The values obtained for 95Zr and 95Nb differ significantly from existing values (the value for Nb is approximately 3900 % greater than the value used in the prior distribution). We attribute the errant result to an overestimation of activity stemming from an unresolved spectral interference. In addition, the exected value for the FPY of Nb is very small: the number of Nb nuclei produced directly from fission (captured by the independent yield) is much smaller than the nuclei produced from the decay of the parent nuclei (captured by the cumulative yield of Zr), and this additional Nb activity is easily lost in the noise of the activity measurements.

The values obtained for 104Tc, 127Sb, and 130Sb are fairly commensurate with existing values. In addition, the result for 131I somewhat agrees with the existing value, and there may be an unresolved spectral interference and associated activity overestimation.

The short half-lives and large specific activities of 134Te and 134I led to an average precision in the measured activities of the two-nuclide chain less than 1 %. The determined values are commensurate with the value obtained from the literature, differing by 0.01 and 1.06 percentage points, respectively.

The cumulative yield of 138Xe was underestimated relative to existing values and the independent yield of 138Cs was overestimated relative to the literature. The overestimation of the daughter independent yield is attributed to the underestimation of the cumulative yield of the parent nuclide (attributed to uncertainty in the measured activities), which is balanced by an overestimation of the independent yield of the daughter. Similar behavior is observed in the results obtained for the 140Ba/140La decay chain.

The measured values for 146Ce and 146Pr are commensurate with prior values, differing by 0.36 and 0.17 percentage points, respectively. As in previous cases, an underestimation in the FPY of the parent nuclide coincides with an overestimation in the FPY of the daughter nuclide. It should be noted that this correlation is not necessarily causation. A separate factor, such as spectral interference, could drive an overestimation of a poorly measured and/or poorly understood daughter nuclide and the FPY of the parent is adjusted during the simultaneous solution.

Finally, the result for 147Nd is very different than existing values found in the literature, which we attribute to poor counting statistics, whose relative uncertainty ranged from approximately 2 to 91 %.

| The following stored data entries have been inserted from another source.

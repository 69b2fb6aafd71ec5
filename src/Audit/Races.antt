-- ===== src/Audit/Races.antt =====
-- Two writers of the chain at once (src/application/audit.ts): `record` reads the last row, awaits the hash,
-- and appends, in no transaction of its own, so that another writer may read in between.
use bapc_vpn_and_digital_sec.Base.{
  ℕ, ◌+◌, String, ◌≡◌, refl, sym, ◌∙◌, ap, inl, inr, true, false, List, [], ◌∷◌, ◌++◌, arith,
  number_eq, string_eq, ◌==◌, Bool-cases, if◌then◌else◌,
}
use bapc_vpn_and_digital_sec.Json.{Json}
use bapc_vpn_and_digital_sec.Domain.{AuditRecord}
use bapc_vpn_and_digital_sec.Store.{Store}
use bapc_vpn_and_digital_sec.Store.Repositories.{append_audit, last_audit, audit_chain}
use bapc_vpn_and_digital_sec.Audit.{genesis, hash_of_last, make_record, verify_from, verify}
use bapc_vpn_and_digital_sec.Audit.Laws.{tip, verify_from-split}

-- What one writer asks to record.
pub record Entry : Type 0 where
  pub actor : String
  pub action : String
  pub subject : String
  pub payload : Json

module _ (iso : ℕ → String) (digest : Json → String) where
  -- the record that a writer makes of the end of the chain that it reads
  unfoldable pub drafted : Entry → Store → AuditRecord
  drafted e s = make_record iso digest e.actor e.action e.subject e.payload s

  -- Both writers read, then both append. The hash of a row is unique: the table refuses a second row of
  -- the same hash.
  unfoldable pub race : Entry → Entry → Store → Store
  unfolding drafted
  race first second s =
      let once = append_audit (drafted first s) s in
      if (drafted second s).hash == (drafted first s).hash
      then once
      else append_audit (drafted second s) once

  linked :
      (previous : String) (r next : AuditRecord)
      → verify_from iso digest previous (r ∷ next ∷ []) ≡ true
      → (next.previous_hash == r.hash) ≡ true
  unfolding verify_from
  linked previous r next h = ground arith

  append_assoc :
      (xs : List AuditRecord) (a b : AuditRecord) → (xs ++ a ∷ []) ++ b ∷ [] ≡ xs ++ a ∷ b ∷ []
  append_assoc [] a b = refl
  append_assoc (x ∷ xs) a b = rw (append_assoc xs a b) refl

  true-false : true ≡ false → ⊥
  true-false e = cc

  both : Entry → Entry → Store → Store
  both first second s = append_audit (drafted second s) (append_audit (drafted first s) s)

  both_broken :
      (first second : Entry) (s : Store)
      → (hash_of_last (last_audit s) == (drafted first s).hash) ≡ false
      → verify iso digest (both first second s) ≡ false
  unfolding verify both drafted append_audit audit_chain make_record
  both_broken first second s fresh = elim (Bool-cases (verify iso digest (both first second s))) [
    | inr e ↦ e
    | inl e ↦
        let first_row : AuditRecord = record (drafted first s) { sequence = s.audit_identity } in
        let second_row : AuditRecord = record (drafted second s) {
          sequence = s.audit_identity + 1;
        } in
        let chain : verify_from iso digest genesis (s.audits ++ first_row ∷ second_row ∷ [])
            ≡ true =
          ap (verify_from iso digest genesis) (sym (append_assoc s.audits first_row second_row))
          ∙ e in
        let linked_rows =
          linked (tip genesis s.audits) first_row second_row
            (verify_from-split iso digest genesis s.audits (first_row ∷ second_row ∷ []) chain) in
        elim (true-false (sym linked_rows ∙ fresh)) [ ]
  ]

  -- Two writers that both read the end of the chain before either of them appends leave a chain that does
  -- not verify, where their records have different hashes and that of the first is not the hash which it
  -- links to.
  pub race_broken :
      (first second : Entry) (s : Store)
      → (hash_of_last (last_audit s) == (drafted first s).hash) ≡ false
      → ((drafted second s).hash == (drafted first s).hash) ≡ false
      → verify iso digest (race first second s) ≡ false
  unfolding race both
  race_broken first second s fresh other = rw (race, other) (both_broken first second s fresh)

In summary, while measured values differed (sometimes greatly) from existing values, the distribution of over- and under-estimations suggest that no system biases are present in the analysis, and the developed methodology is a valid approach for the determination of independent and cumulative FPY using gamma-ray spectrometry. Further validation of the methodology and additional measurements should be pursued in order to obtain results suitable for updating nuclear datasets.

Conclusion

We have developed a method appropriate for measuring the activity of FP (especially short-lived nuclides) following irradiation and the estimation of cumulative and independent fission product yields. Our method relies on flexible modeling of FP during and after irradiation and comparing these predicted results to measured results. This comparison is combined with prior information taken from the existing literature to form the objective of a convex optimization problem.

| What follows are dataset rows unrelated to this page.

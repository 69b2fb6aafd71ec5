-- ===== src/Clearance.antt =====
-- integrations/diagnostics-clearance.ts (`DiagnosticsClearanceVerifier.verify`) and `accept` of
-- src/application/integrations.ts. `decode` gives the value that the text after the prefix of a token stands
-- for, `hmac` is the keyed hash of a source, in hexadecimal, and `bytes` is `Buffer.from(value,"hex")`: the
-- bytes of a hexadecimal text, of an array of bytes or of what else it takes, and its error for any other
-- value. `time_of` is the time of a date, `none` where it is NaN, for which the test of the window is false.
pub mod Laws
use bapc_vpn_and_digital_sec.Base.{
  ℕ, ◌+◌, String, Bool, true, false, not, ◌||◌, Option, none, some, List, [], ◌∷◌, ◌==◌, string_eq,
  ltb, codes, starts, ◌<+>◌, if◌then◌else◌,
}
use bapc_vpn_and_digital_sec.Json.{
  Json, null, str, obj, Fields, end, field, get_field, is_text, is_truthy,
}
use bapc_vpn_and_digital_sec.Domain.{Error, plain}
use bapc_vpn_and_digital_sec.Store.{Store}
use bapc_vpn_and_digital_sec.Store.Monad.{
  M, Result, ok, err, throw_if, ◌>>=◌, ◌>>◌, return, gets, modify, or_throw,
}
use bapc_vpn_and_digital_sec.Store.Commands.{publish}
use bapc_vpn_and_digital_sec.Agent.Production.{field_if}

pub record Clearance : Type 0 where
  pub approved_by : Option Json
  pub case_id : Option Json

pub record Signing : Type 0 where
  pub decode : String → Option Json
  pub stringify : Json → String
  pub hmac : String → String → String
  pub bytes : Option Json → Result String
  pub time_of : Option Json → Option ℕ

-- a value that is no null or undefined, of which a field can be read
abbrev pub is_nullish : Option Json → Bool
is_nullish none = true
is_nullish (some null) = true
is_nullish (some v) = false

abbrev pub or_null : Option Json → Json
or_null none = null
or_null (some v) = v

-- the text that is signed
unfoldable pub signed_body : Json → Json
signed_body e = obj (
    field_if "source" (get_field "source" e) (
      field_if "type" (get_field "type" e) (
        field_if "at" (get_field "at" e) (
          field_if "nonce" (get_field "nonce" e)
            (field_if "payload" (get_field "payload" e) end)))))

-- a call that may throw
abbrev pub call : {A : Type 0} → Result A → M A
call r s = (r, s)

abbrev pub outside : ℕ → Option ℕ → Bool
outside now none = false
outside now (some at) = ltb (at + 300000) now || ltb (now + 300000) at

module _ (g : Signing) where
  -- `accept`, for an event of Diagnostics
  unfoldable pub accept : Json → M (Unit {0})
  unfolding signed_body
  accept e = do
    now ← gets (λ s. s.now)
    throw_if (outside now (g.time_of (get_field "at" e))) (plain "event outside replay window")
    expected ← call (g.bytes (some (str (g.hmac "diagnostics" (g.stringify (signed_body e))))))
    signature ← call (g.bytes (get_field "signature" e))
    throw_if (not (expected == signature)) (plain "invalid ecosystem signature")
    modify (publish "ecosystem.diagnostics.forensic.clearance" e)

  -- what is asked of the payload
  unfoldable pub scoped : Json → String → M Clearance
  scoped e node_id = do
    throw_if (is_nullish (get_field "payload" e)) (plain "TypeError")
    let payload = or_null (get_field "payload" e)
    throw_if (not (is_text node_id (get_field "nodeId" payload)))
        (plain "clearance token is not scoped to this node")
    throw_if
        (not (is_truthy (get_field "approvedBy" payload))
          || not (is_truthy (get_field "caseId" payload)))
        (plain "clearance token is missing approvedBy/caseId")
    return (record {
      approved_by = get_field "approvedBy" payload;
      case_id = get_field "caseId" payload;
    })

  unfoldable pub verify : String → String → M Clearance
  unfolding accept scoped
  verify token node_id = do
    throw_if (not (starts (codes "diag-clearance:") (codes token)))
        (plain "signed Diagnostics clearance required")
    e ← or_throw (g.decode token) (plain "malformed Diagnostics clearance token")
    throw_if (is_nullish (some e)) (plain "TypeError")
    throw_if (not (is_text "diagnostics" (get_field "source" e)))
        (plain "clearance must be signed by BAPC Diagnostics")
    throw_if (not (is_text "forensic.clearance" (get_field "type" e)))
        (plain "wrong clearance event type")
    accept e
    scoped e node_id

With attention to flexibility and future work, we have developed multiple solution algorithms for the problem described in Eqs. (2) and (3). Our implementation allows the user to fully specify time-varying neutron flux, e.g., pulses or cyclic irradiation as used by in cyclic neutron activation analysis or commercial reactor operations. In addition, the neutron spectrum may be implicitly specified by the user through the definition of the nuclear data values appearing in Eq. (2). Finally, our method allows the user to solve for any quantity in Equation (2), such as neutron flux, cross sections, branching ratios, decay constants, or nuclide concentrations.

We have produced FP by bombarding a y235U metal foil with 14.1 MeV neutrons obtained from a neutron generator and measuring the activities of several long-lived FP using list-mode spectral data collected using a high-purity germanium detector.